Source data:

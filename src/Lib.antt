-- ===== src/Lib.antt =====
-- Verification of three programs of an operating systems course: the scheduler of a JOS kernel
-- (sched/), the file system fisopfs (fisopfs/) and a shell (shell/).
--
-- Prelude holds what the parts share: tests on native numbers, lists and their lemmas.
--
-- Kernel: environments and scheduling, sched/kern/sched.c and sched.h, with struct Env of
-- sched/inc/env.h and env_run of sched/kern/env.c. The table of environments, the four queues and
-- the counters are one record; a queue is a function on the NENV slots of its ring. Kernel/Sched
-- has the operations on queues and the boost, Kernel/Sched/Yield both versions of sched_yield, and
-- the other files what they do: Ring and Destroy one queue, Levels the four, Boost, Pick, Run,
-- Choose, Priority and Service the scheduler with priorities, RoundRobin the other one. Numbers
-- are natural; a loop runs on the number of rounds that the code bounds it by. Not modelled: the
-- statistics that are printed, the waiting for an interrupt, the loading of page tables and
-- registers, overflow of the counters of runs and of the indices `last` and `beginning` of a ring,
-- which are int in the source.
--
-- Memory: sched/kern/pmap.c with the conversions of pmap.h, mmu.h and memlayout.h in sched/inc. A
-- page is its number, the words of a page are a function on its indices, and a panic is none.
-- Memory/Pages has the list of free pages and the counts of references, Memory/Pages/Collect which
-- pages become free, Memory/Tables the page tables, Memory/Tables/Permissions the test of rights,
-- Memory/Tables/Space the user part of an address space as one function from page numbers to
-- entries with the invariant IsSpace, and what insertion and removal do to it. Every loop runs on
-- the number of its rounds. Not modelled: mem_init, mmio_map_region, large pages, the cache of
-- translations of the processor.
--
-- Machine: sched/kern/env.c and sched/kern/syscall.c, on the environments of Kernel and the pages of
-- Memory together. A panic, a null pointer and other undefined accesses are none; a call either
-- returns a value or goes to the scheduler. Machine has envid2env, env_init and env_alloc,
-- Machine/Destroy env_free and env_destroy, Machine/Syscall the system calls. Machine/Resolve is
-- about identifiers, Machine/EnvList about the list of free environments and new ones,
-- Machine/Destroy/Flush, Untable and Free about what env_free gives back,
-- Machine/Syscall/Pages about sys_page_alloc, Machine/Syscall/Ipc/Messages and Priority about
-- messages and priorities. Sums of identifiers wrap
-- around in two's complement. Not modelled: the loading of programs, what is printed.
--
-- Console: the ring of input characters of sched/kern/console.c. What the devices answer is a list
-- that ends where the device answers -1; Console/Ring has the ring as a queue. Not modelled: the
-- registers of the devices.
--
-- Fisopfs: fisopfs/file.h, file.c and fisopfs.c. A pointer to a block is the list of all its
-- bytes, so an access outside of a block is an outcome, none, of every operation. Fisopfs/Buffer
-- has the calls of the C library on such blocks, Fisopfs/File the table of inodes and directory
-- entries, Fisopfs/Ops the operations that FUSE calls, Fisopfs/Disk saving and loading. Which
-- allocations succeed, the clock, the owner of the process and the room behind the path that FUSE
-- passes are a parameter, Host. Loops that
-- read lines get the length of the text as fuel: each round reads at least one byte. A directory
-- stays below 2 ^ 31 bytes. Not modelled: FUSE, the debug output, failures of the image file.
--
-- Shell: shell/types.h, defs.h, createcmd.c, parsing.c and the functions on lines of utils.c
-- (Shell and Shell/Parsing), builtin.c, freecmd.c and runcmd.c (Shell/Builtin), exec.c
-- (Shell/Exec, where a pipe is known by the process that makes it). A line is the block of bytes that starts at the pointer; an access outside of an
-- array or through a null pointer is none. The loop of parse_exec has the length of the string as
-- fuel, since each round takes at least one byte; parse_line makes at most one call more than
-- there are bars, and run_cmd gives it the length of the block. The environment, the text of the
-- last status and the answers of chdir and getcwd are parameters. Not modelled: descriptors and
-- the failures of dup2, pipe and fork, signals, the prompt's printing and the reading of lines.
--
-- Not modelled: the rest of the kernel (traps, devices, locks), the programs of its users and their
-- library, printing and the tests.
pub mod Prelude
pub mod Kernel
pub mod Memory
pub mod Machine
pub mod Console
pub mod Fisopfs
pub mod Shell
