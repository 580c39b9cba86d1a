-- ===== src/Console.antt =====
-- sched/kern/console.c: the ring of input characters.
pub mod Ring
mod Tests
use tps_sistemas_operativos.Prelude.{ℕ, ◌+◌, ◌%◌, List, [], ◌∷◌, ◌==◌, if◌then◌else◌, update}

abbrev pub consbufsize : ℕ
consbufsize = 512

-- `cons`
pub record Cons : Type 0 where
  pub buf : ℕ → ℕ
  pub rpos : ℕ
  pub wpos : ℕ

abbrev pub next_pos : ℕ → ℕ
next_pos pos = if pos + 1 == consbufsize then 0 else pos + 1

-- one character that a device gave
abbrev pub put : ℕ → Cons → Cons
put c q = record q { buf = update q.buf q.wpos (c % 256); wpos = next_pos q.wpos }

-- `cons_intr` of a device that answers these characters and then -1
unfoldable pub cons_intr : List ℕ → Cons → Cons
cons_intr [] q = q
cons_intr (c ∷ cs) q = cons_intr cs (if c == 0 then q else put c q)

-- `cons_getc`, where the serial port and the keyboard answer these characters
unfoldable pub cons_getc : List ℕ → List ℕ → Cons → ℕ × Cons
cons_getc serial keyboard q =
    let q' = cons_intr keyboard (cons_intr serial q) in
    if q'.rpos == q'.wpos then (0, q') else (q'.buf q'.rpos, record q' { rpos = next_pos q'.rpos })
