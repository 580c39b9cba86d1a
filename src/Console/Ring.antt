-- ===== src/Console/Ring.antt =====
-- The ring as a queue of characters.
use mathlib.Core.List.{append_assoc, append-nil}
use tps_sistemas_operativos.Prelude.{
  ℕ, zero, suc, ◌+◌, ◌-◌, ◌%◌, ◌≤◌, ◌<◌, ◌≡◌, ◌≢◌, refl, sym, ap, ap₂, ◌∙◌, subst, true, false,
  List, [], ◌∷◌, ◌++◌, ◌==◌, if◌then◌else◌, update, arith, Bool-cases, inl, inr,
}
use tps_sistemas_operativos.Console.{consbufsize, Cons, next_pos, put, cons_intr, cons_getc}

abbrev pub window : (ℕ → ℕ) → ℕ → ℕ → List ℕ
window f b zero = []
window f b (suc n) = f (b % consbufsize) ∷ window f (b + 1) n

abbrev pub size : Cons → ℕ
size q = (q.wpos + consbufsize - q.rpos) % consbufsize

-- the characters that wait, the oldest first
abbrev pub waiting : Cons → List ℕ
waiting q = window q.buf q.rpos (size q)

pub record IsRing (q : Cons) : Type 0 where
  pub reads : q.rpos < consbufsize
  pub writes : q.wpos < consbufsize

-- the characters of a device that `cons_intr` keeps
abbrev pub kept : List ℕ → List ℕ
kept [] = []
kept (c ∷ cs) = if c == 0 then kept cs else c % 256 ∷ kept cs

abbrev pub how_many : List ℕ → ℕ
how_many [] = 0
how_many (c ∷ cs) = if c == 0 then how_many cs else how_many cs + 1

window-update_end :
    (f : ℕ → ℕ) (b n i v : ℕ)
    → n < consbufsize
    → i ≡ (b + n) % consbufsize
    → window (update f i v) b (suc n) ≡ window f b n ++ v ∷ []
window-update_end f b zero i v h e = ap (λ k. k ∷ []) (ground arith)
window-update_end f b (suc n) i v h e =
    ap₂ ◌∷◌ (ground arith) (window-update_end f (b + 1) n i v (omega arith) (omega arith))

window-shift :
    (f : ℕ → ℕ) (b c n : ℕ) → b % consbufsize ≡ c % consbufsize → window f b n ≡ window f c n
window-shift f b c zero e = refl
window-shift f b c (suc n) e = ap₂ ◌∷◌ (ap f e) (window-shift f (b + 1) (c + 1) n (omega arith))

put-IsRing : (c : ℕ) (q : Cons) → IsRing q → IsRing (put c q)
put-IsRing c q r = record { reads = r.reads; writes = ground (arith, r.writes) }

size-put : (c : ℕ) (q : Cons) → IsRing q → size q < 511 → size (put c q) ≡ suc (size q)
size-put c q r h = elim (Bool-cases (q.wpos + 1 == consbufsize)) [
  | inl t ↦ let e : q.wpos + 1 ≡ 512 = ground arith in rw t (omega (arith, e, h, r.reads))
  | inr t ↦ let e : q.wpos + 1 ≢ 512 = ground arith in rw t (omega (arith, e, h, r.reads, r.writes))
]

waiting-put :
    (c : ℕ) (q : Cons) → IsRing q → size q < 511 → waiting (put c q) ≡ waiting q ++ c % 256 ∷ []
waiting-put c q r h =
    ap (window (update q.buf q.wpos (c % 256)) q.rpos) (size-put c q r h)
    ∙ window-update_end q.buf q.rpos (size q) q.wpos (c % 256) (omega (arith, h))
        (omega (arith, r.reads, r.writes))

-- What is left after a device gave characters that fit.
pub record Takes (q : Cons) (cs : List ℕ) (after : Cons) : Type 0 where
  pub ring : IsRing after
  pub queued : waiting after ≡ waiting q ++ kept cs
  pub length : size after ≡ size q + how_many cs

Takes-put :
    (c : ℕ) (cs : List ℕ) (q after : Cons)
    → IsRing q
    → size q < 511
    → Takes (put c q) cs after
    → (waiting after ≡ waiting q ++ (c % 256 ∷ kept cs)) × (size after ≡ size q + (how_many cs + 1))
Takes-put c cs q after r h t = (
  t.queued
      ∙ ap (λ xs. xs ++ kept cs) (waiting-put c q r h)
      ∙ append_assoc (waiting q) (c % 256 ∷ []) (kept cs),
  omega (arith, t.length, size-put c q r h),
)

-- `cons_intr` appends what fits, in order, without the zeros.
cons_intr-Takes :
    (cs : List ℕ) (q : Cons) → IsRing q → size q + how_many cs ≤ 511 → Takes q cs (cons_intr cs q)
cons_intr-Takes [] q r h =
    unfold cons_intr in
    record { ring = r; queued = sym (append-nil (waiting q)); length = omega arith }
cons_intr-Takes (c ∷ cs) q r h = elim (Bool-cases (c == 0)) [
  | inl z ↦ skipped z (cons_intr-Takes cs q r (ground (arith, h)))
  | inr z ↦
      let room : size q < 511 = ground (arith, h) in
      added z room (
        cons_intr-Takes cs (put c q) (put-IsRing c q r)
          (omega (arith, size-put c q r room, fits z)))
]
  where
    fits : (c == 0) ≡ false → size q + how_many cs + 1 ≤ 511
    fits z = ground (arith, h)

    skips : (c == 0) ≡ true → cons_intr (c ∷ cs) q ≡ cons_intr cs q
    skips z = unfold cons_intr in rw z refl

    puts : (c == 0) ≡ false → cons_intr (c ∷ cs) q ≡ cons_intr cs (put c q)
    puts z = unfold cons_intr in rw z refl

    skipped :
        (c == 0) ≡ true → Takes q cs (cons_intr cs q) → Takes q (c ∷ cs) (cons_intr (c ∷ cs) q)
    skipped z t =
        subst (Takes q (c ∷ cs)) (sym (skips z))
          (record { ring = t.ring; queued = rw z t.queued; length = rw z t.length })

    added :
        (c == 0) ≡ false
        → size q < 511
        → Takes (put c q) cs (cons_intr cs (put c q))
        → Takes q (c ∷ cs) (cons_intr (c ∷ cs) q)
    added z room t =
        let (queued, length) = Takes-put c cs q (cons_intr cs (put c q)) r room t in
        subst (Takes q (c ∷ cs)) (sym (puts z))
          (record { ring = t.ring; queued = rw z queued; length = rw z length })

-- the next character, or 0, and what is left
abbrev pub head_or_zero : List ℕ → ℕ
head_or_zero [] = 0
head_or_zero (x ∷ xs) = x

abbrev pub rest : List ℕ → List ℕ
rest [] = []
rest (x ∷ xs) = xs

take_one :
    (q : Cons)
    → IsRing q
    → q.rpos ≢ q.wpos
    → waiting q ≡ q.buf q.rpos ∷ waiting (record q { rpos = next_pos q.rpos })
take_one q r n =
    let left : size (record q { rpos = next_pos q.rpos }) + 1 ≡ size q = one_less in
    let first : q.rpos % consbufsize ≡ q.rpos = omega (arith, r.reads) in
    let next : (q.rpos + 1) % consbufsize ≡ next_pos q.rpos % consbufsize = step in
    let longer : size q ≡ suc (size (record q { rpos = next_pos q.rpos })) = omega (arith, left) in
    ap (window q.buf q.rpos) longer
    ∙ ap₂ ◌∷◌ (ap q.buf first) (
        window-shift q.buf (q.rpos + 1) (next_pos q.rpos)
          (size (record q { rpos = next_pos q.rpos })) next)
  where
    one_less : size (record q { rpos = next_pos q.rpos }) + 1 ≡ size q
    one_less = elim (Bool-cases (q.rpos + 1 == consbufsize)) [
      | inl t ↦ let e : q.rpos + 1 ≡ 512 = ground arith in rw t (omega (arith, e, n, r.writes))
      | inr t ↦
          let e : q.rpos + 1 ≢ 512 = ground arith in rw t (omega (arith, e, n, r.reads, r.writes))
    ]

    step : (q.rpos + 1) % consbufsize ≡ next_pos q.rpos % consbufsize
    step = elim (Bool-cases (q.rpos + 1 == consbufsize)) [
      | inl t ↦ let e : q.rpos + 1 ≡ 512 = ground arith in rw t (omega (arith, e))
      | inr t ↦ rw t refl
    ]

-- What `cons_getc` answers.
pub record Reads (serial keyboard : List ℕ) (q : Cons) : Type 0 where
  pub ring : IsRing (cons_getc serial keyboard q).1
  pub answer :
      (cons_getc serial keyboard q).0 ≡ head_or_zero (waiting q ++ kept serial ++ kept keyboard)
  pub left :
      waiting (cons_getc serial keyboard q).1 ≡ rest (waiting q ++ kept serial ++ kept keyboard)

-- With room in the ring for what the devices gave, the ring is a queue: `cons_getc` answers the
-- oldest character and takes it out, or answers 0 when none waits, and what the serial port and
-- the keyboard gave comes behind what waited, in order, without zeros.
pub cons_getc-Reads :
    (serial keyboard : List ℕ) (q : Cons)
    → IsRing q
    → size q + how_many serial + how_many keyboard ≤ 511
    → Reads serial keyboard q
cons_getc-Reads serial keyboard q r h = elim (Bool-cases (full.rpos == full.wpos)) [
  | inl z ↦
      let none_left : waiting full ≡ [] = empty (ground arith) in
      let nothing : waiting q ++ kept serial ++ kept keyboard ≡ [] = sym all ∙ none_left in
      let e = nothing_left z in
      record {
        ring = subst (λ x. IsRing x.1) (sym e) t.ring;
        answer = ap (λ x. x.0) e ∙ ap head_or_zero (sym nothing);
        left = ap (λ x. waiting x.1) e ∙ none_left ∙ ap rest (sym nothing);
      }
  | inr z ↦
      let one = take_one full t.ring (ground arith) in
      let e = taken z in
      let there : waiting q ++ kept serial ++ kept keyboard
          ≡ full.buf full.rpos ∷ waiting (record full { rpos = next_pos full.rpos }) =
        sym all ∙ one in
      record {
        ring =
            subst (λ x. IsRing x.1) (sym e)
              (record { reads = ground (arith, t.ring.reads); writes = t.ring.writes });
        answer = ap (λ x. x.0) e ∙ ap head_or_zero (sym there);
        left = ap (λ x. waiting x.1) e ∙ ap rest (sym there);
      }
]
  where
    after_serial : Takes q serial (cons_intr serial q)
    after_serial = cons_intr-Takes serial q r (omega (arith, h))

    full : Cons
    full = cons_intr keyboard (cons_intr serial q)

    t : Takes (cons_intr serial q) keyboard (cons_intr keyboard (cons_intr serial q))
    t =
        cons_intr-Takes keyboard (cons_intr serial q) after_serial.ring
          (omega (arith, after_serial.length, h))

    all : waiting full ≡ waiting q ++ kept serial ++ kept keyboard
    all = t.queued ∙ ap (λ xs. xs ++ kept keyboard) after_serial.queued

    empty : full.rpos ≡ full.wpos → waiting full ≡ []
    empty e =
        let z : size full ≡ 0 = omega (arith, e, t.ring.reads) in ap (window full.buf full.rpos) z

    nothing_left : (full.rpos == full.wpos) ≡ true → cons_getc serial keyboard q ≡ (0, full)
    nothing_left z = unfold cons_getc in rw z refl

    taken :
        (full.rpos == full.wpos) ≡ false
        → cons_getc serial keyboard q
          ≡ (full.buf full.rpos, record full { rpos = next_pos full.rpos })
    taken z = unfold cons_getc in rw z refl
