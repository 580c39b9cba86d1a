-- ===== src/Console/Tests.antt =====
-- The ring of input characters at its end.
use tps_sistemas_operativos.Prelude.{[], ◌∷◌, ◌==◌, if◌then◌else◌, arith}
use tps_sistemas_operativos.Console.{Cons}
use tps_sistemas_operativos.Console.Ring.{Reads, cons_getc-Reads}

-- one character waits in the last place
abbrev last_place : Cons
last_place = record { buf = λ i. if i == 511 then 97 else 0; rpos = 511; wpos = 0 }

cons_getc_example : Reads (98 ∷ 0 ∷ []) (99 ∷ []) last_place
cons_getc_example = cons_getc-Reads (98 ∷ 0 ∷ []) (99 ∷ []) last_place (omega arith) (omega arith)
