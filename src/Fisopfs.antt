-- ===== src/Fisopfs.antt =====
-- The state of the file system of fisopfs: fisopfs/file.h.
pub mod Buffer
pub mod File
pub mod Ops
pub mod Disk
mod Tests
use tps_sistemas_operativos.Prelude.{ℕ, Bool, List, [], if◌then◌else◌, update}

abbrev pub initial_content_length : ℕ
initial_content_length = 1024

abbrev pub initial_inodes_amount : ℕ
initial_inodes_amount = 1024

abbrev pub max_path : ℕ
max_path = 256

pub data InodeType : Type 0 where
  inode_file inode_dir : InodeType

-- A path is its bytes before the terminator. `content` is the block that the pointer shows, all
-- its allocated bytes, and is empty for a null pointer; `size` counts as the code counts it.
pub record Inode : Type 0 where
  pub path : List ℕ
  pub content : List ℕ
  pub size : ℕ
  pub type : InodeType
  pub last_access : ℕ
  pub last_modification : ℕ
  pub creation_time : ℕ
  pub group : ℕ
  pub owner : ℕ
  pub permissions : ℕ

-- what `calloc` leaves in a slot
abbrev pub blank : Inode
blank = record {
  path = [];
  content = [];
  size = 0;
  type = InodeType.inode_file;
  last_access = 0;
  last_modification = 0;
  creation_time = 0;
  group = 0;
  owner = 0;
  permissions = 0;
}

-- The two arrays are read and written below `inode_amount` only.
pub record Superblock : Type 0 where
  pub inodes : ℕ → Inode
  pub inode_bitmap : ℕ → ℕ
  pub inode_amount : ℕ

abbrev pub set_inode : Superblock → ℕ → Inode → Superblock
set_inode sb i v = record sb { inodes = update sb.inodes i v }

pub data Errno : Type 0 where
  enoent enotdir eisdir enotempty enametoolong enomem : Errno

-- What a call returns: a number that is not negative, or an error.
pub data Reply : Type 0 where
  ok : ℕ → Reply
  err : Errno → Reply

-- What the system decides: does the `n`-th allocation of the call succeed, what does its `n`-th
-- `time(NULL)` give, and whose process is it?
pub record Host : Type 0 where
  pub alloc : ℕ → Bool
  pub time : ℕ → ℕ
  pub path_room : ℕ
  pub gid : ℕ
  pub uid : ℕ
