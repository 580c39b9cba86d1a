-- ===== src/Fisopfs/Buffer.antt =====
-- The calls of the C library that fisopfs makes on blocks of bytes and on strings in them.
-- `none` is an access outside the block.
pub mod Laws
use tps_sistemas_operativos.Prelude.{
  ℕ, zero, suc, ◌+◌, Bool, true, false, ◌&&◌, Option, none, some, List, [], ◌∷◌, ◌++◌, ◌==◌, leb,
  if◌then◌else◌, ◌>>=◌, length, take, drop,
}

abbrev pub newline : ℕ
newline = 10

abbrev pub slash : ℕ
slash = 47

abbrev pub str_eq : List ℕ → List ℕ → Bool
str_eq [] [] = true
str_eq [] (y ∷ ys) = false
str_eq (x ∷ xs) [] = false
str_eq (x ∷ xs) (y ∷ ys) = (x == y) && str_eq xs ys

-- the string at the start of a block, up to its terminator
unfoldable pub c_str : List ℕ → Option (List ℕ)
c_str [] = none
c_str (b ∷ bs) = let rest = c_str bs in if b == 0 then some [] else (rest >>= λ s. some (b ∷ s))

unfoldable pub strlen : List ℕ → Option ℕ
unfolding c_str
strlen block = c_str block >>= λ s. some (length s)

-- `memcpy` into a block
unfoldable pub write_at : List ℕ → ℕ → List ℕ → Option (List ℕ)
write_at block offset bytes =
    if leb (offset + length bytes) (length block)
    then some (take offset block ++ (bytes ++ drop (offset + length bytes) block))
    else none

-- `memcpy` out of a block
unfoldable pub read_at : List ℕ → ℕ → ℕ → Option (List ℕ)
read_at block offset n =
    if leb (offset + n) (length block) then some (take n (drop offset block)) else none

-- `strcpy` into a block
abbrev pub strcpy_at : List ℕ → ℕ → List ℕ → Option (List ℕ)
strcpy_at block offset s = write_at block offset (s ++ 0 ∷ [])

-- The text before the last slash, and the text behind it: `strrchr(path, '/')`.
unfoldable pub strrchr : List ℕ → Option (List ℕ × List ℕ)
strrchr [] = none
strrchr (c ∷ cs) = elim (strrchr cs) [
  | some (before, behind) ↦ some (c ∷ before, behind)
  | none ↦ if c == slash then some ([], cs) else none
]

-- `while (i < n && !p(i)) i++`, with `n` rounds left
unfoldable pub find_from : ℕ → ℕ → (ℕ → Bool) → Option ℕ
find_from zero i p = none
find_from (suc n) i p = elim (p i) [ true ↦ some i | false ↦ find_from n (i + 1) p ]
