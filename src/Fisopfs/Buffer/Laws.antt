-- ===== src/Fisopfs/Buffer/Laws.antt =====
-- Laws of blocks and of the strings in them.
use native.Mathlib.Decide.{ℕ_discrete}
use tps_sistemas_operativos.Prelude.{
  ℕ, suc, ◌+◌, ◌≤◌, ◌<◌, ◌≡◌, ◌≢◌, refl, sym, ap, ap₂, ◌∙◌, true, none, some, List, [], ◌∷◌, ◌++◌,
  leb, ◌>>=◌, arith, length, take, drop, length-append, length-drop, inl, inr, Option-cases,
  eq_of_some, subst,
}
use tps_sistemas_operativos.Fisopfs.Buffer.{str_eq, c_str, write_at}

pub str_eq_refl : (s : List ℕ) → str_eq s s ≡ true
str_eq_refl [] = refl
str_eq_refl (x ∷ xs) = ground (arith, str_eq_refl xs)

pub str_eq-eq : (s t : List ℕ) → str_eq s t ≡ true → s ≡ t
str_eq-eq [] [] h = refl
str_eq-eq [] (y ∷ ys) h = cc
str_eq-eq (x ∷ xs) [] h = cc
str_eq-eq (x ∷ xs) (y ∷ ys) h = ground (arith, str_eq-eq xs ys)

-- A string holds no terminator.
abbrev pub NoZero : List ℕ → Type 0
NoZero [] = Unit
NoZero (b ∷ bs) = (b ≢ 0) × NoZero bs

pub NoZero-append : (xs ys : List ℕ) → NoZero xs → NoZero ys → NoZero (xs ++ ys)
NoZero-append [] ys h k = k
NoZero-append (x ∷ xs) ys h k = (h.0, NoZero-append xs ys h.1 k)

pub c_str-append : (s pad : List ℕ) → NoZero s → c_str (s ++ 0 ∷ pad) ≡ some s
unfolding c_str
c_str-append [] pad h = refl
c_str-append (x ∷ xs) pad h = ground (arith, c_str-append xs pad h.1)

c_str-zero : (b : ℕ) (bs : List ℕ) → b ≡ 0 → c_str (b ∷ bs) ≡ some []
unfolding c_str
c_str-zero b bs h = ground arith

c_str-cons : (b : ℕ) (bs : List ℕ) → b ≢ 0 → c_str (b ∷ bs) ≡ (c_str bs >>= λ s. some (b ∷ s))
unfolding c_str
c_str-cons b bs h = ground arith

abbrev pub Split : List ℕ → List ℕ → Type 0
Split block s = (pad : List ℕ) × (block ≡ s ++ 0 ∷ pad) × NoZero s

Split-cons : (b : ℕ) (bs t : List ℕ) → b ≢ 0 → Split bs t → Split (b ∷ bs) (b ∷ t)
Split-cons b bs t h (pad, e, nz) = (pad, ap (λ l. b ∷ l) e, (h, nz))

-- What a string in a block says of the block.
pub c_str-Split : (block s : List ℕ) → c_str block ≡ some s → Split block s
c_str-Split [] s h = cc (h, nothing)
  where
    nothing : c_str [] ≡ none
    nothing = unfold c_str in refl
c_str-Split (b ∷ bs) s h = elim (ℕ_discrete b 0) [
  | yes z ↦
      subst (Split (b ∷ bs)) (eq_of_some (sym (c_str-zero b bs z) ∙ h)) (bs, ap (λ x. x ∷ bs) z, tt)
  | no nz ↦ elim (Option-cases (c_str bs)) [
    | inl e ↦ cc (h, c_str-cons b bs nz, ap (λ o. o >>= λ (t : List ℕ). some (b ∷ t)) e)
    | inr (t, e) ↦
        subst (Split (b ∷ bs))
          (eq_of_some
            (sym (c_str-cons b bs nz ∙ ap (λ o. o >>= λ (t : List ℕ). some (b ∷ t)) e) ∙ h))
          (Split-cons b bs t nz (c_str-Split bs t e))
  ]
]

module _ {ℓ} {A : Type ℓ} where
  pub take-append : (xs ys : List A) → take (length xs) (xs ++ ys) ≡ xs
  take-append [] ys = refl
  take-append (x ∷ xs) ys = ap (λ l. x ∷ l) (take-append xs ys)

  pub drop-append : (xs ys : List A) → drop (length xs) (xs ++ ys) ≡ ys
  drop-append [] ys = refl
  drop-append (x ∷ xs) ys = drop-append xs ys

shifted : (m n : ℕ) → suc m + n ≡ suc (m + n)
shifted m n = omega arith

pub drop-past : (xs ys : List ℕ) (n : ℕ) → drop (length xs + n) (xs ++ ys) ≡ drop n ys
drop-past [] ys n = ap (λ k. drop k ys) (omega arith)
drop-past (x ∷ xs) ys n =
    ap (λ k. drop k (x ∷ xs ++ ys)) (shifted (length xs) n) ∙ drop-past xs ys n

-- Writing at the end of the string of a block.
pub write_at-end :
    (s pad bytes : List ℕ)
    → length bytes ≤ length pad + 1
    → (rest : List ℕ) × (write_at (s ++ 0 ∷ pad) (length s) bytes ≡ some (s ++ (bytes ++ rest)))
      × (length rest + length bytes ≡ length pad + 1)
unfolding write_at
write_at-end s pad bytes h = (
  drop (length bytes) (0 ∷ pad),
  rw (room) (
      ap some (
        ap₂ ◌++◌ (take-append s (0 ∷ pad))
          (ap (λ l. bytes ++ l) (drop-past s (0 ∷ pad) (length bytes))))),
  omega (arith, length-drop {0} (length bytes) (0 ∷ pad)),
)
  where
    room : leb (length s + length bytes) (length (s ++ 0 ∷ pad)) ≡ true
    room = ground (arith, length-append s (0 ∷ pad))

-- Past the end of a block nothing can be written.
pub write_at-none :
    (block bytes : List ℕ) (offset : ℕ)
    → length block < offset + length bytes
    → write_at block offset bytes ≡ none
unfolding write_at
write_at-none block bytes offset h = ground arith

— What needs to be done —
Give back, exactly as written, the stretch from the line with "pub NoZero-append : (xs" through the line with "pub c_str-append : (s", and no other lines from the records above.

— Output below —
pub NoZero-append : (xs ys : List ℕ) → NoZero xs → NoZero ys → NoZero (xs ++ ys)
NoZero-append [] ys h k = k
NoZero-append (x ∷ xs) ys h k = (h.0, NoZero-append xs ys h.1 k)

pub c_str-append : (s pad : List ℕ) → NoZero s → c_str (s ++ 0 ∷ pad) ≡ some s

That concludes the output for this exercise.